Wichapong Kanin, Lindner Marc, Pianwanit Somsak, Kokpol Sirirat, Sippl Wolfgang
Department of Chemistry, Faculty of Science, Chulalongkorn University, Bangkok 10330, Thailand.
Eur J Med Chem. 2009 Apr;44(4):1383-95. doi: 10.1016/j.ejmech.2008.09.027. Epub 2008 Sep 30.
One hundred and seventy-four pyrrolo[3,4-c]carbazole-1,3(2H,6H)-dione derivatives reported as inhibitors of the kinase Wee1 were used for a molecular docking and three-dimensional quantitative structure-activity relationship (3D-QSAR) study. Due to the availability of the three-dimensional structure of the Wee1 kinase a receptor-based alignment strategy was applied. Six available Wee1-inhibitor crystal structures were analyzed using the docking program GOLD resulting in a good reproduction of the experimentally derived position and interaction of the cocrystallized inhibitors. Since only a low correlation between docking scores and inhibitory activities was obtained for the series of 174 inhibitors a receptor-based 3D-QSAR study was performed, dividing the data set into 144 training set molecules and an external test set of 30 compounds. Besides the ligand alignment derived from the docking study we tested several other alignment procedures as basis for the 3D-QSAR analysis. The most predictive model was obtained using the alignment from the GOLD docking study. The CoMFA model was found to be robust (q(LOO)(2)=0.764 and r(2)=0.870). The predictive ability of the model was further examined by carrying out leave-20%-out and leave-50%-out cross-validation (q(2)=0.747 for leave-20%-out and 0.737 for leave-50%-out) and predicting the activities of 30 inhibitors used as external test set (r(pred)(2)=0.790). The graphical analysis of the CoMFA contour plot together with the key residues of the binding pocket provided important insight into the relevant interactions of the inhibitors. The results not only provide information about the essential features of potent Wee1 inhibitors but also show the advantage of using receptor-based alignment for 3D-QSAR analysis.

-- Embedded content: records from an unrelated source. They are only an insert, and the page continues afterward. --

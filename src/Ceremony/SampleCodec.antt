-- ===== src/Ceremony/SampleCodec.antt =====
-- A codec of records for the tests: every field in its order, lists and texts by their length.
use asteria.Base.{
  ℕ, ◌==◌, if◌then◌else◌, ◌<◌, ◌≡◌, refl, subst, arith, List, [], ◌∷◌, length, Option, none, some,
  Bytes,
}
use asteria.Base.Result.{Result, ok, err, ok-inj}
use asteria.Ceremony.Types.{
  DkgKind, DkgSession, Phase, Deadlines, AbortCode, timeout, Abort, Completion, Record,
}
use asteria.Ceremony.Record.{RecordCodec}
use asteria.Ceremony.Canonical.{RecordCodecLaws}
use asteria.Ceremony.Formats.{Format, number, pair, via, many, maybe}

phase_number : Phase → ℕ
phase_number Phase.initial = 0
phase_number Phase.round1 = 1
phase_number Phase.round2 = 2
phase_number Phase.finalize = 3
phase_number Phase.completed = 4
phase_number Phase.aborted = 5

phase_at : ℕ → Phase
phase_at n =
    if n == 0
    then Phase.initial
    else if n == 1
    then Phase.round1
    else if n == 2
    then Phase.round2
    else if n == 3
    then Phase.finalize
    else if n == 4
    then Phase.completed
    else Phase.aborted

phase_at-number : (p : Phase) → phase_at (phase_number p) ≡ p
unfolding phase_at phase_number
phase_at-number Phase.initial = refl
phase_at-number Phase.round1 = refl
phase_at-number Phase.round2 = refl
phase_at-number Phase.finalize = refl
phase_at-number Phase.completed = refl
phase_at-number Phase.aborted = refl

code_number : AbortCode → ℕ
code_number timeout = 0
code_number AbortCode.equivocation = 1
code_number AbortCode.round2_semantic_failure = 2
code_number AbortCode.finalize_semantic_failure = 3
code_number AbortCode.provider_failure = 4
code_number AbortCode.operator = 5

code_at : ℕ → AbortCode
code_at n =
    if n == 0
    then timeout
    else if n == 1
    then AbortCode.equivocation
    else if n == 2
    then AbortCode.round2_semantic_failure
    else if n == 3
    then AbortCode.finalize_semantic_failure
    else if n == 4
    then AbortCode.provider_failure
    else AbortCode.operator

code_at-number : (c : AbortCode) → code_at (code_number c) ≡ c
unfolding code_at code_number
code_at-number timeout = refl
code_at-number AbortCode.equivocation = refl
code_at-number AbortCode.round2_semantic_failure = refl
code_at-number AbortCode.finalize_semantic_failure = refl
code_at-number AbortCode.provider_failure = refl
code_at-number AbortCode.operator = refl

to_key : DkgKind → Option Bytes
to_key DkgKind.initial = none
to_key (DkgKind.refresh key_id) = some key_id

from_key : Option Bytes → DkgKind
from_key none = DkgKind.initial
from_key (some key_id) = DkgKind.refresh key_id

from-to_key : (k : DkgKind) → from_key (to_key k) ≡ k
unfolding from_key to_key
from-to_key DkgKind.initial = refl
from-to_key (DkgKind.refresh key_id) = refl

text : Format Bytes
unfolding many
text = many number

transcript : Format (List (ℕ × Bytes))
unfolding many text
transcript = many (pair number text)

session : Format DkgSession
unfolding text maybe from_key to_key
session =
    via (λ (s : DkgSession). (s.chain_domain, (s.ceremony_id, (s.epoch, s.kind))))
      (λ (a, (b, (c, d))). record { chain_domain = a; ceremony_id = b; epoch = c; kind = d })
      (λ s. refl)
      (pair text (pair text (pair number (via to_key from_key from-to_key (maybe text)))))

deadlines : Format Deadlines
deadlines =
    via (λ (s : Deadlines). (s.round1_unix_ms, (s.round2_unix_ms, s.finalize_unix_ms)))
      (λ (a, (b, c)). record { round1_unix_ms = a; round2_unix_ms = b; finalize_unix_ms = c })
      (λ s. refl) (pair number (pair number number))

completion : Format Completion
unfolding text
completion =
    via (λ (s : Completion). (s.validator_id, (s.epoch, (s.public_key, s.key_id))))
      (λ (a, (b, (c, d))). record { validator_id = a; epoch = b; public_key = c; key_id = d })
      (λ s. refl) (pair number (pair number (pair text text)))

abort : Format Abort
unfolding text code_at code_number
abort =
    via (λ (s : Abort). (s.at_unix_ms, (s.code, s.detail_hash)))
      (λ (a, (b, c)). record { at_unix_ms = a; code = b; detail_hash = c }) (λ s. refl)
      (pair number (pair (via code_number code_at code_at-number number) text))

whole : Format Record
unfolding session deadlines text transcript maybe completion abort phase_at phase_number
whole =
    via
      (λ (r : Record). (
        (r.version, (r.revision, (r.session, (r.validator_id, r.registry_digest)))),
        (
          (r.phase, (r.deadlines, r.provider_checkpoint)),
          (
            (
              r.local_round1_message,
              (r.local_round1_envelope, (r.round1_certificates, r.round1_messages)),
            ),
            (
              (
                r.outgoing_round2_envelopes,
                (r.incoming_round2_envelopes, r.incoming_round2_messages),
              ),
              (r.completion, r.abort),
            ),
          ),
        ),
      ))
      (λ ((a, (b, (c, (d, e)))), ((f, (g, h)), ((i, (j, (k, l))), ((n, (o, p)), (q, r))))). record {
        version = a;
        revision = b;
        session = c;
        validator_id = d;
        registry_digest = e;
        phase = f;
        deadlines = g;
        provider_checkpoint = h;
        local_round1_message = i;
        local_round1_envelope = j;
        round1_certificates = k;
        round1_messages = l;
        outgoing_round2_envelopes = n;
        incoming_round2_envelopes = o;
        incoming_round2_messages = p;
        completion = q;
        abort = r;
      })
      (λ r. refl)
      (pair (pair number (pair number (pair session (pair number text)))) (
        pair (pair (via phase_number phase_at phase_at-number number) (pair deadlines text)) (
          pair (pair (maybe text) (pair (maybe text) (pair transcript transcript))) (
            pair (pair transcript (pair transcript transcript))
              (pair (maybe completion) (maybe abort))))))

read_whole : Option (Record × Bytes) → Result Bytes Record
read_whole (some (r, [])) = ok r
read_whole (some (r, _ ∷ _)) = err []
read_whole none = err []

-- Every record has bytes, and they are read back.
unfoldable pub sample_codec : RecordCodec
unfolding whole read_whole from-to_key phase_at-number code_at-number
sample_codec = record {
  to_vec = λ r. ok (whole.put r []);
  from_slice = λ bytes. read_whole (whole.get bytes);
}

put-pos : (r : Record) → 0 < length (whole.put r [])
unfolding whole
put-pos r = omega arith

pub sample_codec_laws : RecordCodecLaws sample_codec
unfolding sample_codec read_whole
sample_codec_laws = record {
  round_trip = λ r bytes h.
      let same = ok-inj h in
      subst (λ b. read_whole (whole.get b) ≡ ok r) same (rw (whole.round_trip r []));
  written = λ r bytes h. subst (λ b. 0 < length b) (ok-inj h) (put-pos r);
}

174种据报道为激酶Wee1抑制剂的吡咯并[3,4-c]咔唑-1,3(2H,6H)-二酮衍生物用于分子对接和三维定量构效关系(3D-QSAR)研究。由于Wee1激酶三维结构的可获得性,采用了基于受体的比对策略。使用对接程序GOLD分析了6个可用的Wee1-抑制剂晶体结构,很好地重现了实验得出的共结晶抑制剂的位置和相互作用。由于对于这174种抑制剂系列,对接分数与抑制活性之间仅获得了较低的相关性,因此进行了基于受体的3D-QSAR研究,将数据集分为144个训练集分子和一个包含30种化合物的外部测试集。除了从对接研究中得出的配体比对之外,我们还测试了其他几种比对程序作为3D-QSAR分析的基础。使用来自GOLD对接研究的比对获得了最具预测性的模型。发现CoMFA模型很稳健(q(LOO)(2)=0.764,r(2)=0.870)。通过进行留20%法和留50%法交叉验证进一步检验了模型的预测能力(留20%法时q(2)=0.747,留50%法时q(2)=0.737),并预测了用作外部测试集的30种抑制剂的活性(r(pred)(2)=0.790)。CoMFA等高线图的图形分析以及结合口袋的关键残基提供了对抑制剂相关相互作用的重要见解。结果不仅提供了有关有效Wee1抑制剂基本特征的信息,还展示了使用基于受体的比对进行3D-QSAR分析的优势。